- [Task description] Copy nothing but the lines below running from the line containing "All-filter p (x" through the line containing "All-snoc [] a h pa = (pa, tt)", both end lines included.

- [Dataset content]
++++++

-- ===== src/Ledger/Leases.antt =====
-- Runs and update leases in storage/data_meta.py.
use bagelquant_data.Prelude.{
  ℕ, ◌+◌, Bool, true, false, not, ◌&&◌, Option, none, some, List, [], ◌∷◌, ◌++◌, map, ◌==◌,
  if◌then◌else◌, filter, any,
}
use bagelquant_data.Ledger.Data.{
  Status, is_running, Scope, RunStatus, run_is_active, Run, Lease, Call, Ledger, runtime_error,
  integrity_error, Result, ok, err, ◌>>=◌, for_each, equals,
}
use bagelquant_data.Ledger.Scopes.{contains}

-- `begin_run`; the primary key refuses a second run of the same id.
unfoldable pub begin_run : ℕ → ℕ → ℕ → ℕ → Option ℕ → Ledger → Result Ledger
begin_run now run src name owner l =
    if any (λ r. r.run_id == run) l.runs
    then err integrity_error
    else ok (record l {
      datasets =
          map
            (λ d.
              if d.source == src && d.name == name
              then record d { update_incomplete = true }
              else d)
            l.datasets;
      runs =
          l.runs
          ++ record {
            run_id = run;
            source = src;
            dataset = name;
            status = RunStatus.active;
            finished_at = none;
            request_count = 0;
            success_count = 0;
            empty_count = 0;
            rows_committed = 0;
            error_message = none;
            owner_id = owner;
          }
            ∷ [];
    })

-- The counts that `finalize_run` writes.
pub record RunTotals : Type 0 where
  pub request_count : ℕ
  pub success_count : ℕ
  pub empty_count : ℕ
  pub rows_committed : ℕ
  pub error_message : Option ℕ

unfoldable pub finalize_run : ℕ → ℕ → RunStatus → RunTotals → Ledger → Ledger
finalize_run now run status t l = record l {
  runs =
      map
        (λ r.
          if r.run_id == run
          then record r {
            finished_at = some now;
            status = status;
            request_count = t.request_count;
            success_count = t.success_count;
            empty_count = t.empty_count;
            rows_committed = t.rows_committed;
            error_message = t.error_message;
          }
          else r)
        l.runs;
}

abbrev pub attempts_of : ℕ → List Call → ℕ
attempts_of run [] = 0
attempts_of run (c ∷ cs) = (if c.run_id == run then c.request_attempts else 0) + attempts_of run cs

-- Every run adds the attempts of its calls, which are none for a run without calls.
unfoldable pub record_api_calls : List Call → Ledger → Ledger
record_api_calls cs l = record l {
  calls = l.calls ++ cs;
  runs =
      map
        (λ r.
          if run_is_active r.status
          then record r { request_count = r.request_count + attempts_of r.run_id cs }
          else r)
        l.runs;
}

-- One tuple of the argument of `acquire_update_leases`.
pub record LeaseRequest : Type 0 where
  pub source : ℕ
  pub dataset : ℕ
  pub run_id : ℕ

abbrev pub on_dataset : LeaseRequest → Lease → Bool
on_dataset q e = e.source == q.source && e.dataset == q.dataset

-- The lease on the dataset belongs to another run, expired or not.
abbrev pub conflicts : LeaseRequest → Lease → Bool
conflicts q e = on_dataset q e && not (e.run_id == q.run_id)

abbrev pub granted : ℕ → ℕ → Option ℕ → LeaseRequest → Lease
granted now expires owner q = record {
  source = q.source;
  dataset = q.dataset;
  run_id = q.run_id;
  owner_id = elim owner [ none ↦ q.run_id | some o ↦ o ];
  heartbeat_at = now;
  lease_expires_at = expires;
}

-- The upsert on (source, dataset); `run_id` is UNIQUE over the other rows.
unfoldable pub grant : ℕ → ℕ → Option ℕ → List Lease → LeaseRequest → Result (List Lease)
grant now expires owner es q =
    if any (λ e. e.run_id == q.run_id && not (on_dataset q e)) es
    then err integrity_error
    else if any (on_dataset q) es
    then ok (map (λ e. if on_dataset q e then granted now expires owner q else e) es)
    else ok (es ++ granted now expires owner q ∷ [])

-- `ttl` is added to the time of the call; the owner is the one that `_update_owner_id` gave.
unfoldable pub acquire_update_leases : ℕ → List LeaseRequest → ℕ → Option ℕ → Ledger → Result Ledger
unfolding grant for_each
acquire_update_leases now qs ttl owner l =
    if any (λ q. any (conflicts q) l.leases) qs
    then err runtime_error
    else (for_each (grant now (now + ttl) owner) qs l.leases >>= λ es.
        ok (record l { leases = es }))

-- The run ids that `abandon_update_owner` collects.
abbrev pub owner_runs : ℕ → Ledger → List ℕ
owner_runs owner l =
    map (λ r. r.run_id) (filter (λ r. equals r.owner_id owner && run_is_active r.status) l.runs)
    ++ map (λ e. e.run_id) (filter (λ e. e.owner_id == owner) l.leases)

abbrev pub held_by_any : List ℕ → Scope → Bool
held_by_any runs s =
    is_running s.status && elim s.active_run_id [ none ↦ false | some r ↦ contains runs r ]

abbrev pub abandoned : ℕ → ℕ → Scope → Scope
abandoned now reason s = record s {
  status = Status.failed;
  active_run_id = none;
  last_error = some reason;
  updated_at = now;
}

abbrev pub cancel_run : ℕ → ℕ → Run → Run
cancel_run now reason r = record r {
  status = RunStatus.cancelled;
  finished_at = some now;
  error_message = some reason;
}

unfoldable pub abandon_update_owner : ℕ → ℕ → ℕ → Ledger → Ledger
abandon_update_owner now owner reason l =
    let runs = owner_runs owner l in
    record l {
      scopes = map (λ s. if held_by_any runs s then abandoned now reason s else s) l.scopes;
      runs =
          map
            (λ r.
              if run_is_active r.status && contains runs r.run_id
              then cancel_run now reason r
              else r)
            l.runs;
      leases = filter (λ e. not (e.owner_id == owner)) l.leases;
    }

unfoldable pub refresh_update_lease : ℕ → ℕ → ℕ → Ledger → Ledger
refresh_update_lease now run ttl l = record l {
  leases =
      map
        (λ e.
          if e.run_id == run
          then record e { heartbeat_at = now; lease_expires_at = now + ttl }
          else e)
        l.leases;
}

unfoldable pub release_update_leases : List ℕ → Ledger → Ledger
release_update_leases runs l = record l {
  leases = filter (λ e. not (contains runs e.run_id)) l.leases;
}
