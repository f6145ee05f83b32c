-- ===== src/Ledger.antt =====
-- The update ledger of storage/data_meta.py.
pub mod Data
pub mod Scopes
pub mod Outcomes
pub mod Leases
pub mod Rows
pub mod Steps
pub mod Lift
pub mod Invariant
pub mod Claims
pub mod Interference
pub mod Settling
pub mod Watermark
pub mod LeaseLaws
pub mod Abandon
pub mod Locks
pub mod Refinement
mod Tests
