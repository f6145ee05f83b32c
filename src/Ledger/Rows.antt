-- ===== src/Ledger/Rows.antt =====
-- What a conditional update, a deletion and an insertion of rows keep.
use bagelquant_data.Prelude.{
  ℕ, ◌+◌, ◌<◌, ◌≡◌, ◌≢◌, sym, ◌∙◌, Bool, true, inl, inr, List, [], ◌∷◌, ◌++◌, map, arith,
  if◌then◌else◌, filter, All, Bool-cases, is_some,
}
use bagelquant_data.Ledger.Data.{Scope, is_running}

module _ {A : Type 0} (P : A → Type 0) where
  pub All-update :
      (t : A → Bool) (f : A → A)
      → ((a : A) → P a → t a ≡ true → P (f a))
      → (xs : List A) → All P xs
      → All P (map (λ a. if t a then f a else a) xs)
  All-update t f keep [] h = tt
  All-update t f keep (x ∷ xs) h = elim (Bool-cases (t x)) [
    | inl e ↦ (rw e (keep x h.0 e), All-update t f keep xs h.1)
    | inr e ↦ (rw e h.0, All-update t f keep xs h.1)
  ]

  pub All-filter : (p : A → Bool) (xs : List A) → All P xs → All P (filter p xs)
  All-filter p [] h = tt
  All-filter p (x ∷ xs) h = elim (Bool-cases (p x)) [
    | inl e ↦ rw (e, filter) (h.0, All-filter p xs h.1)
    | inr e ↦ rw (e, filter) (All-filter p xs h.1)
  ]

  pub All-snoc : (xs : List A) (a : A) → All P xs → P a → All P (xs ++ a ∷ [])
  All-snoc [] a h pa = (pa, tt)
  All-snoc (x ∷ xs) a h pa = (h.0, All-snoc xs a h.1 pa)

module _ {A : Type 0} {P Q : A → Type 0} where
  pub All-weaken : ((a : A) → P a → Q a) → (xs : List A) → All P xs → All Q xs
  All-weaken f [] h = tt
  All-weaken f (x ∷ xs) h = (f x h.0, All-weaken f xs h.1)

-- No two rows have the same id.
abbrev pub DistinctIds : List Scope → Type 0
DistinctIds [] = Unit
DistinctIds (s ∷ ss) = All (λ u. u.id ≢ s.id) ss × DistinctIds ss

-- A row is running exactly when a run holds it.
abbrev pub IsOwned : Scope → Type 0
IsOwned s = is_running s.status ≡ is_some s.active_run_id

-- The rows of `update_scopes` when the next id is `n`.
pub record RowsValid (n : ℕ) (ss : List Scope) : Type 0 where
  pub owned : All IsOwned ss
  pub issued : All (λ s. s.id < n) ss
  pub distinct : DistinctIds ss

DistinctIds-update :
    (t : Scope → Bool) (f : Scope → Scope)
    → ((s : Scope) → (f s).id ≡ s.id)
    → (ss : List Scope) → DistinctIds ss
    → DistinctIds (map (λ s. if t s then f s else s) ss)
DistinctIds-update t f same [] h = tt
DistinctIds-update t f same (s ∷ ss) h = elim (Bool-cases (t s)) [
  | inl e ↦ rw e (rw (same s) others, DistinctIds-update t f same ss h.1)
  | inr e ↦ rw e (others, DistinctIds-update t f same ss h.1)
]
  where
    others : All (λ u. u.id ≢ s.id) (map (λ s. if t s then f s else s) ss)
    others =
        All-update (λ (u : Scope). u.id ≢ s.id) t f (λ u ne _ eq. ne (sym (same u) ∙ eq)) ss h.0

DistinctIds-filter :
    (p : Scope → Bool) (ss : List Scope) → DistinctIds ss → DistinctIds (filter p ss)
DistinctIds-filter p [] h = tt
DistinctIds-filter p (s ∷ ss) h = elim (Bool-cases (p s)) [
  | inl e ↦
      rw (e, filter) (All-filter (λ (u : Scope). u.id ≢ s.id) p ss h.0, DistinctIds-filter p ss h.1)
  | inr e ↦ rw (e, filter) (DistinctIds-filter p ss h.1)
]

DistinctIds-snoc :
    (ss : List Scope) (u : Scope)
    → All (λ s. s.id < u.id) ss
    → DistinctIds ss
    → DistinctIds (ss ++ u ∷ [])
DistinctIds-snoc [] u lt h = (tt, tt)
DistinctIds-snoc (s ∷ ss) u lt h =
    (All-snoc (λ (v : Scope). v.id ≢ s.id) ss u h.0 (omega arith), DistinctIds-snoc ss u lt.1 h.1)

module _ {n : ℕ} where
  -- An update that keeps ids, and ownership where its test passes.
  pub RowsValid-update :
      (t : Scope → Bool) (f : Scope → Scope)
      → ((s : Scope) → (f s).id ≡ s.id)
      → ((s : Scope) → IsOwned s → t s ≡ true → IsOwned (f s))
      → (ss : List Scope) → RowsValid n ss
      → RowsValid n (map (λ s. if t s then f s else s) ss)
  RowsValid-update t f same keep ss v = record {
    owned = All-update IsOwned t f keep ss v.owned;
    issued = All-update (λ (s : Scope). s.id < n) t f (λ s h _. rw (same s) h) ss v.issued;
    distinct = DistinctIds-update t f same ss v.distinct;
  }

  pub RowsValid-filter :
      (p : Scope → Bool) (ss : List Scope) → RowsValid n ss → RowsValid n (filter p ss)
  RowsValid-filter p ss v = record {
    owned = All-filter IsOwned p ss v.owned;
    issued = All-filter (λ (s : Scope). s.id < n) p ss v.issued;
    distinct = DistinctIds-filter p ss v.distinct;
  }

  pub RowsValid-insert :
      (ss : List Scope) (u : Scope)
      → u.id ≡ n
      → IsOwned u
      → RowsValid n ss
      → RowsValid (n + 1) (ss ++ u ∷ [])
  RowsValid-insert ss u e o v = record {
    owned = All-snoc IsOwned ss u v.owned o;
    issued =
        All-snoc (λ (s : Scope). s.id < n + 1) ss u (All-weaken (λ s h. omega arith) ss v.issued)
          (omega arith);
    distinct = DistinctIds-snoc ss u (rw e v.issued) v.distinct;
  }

++++++

- [Written reply]
  All-filter p (x ∷ xs) h = elim (Bool-cases (p x)) [
    | inl e ↦ rw (e, filter) (h.0, All-filter p xs h.1)
    | inr e ↦ rw (e, filter) (All-filter p xs h.1)
  ]

  pub All-snoc : (xs : List A) (a : A) → All P xs → P a → All P (xs ++ a ∷ [])
  All-snoc [] a h pa = (pa, tt)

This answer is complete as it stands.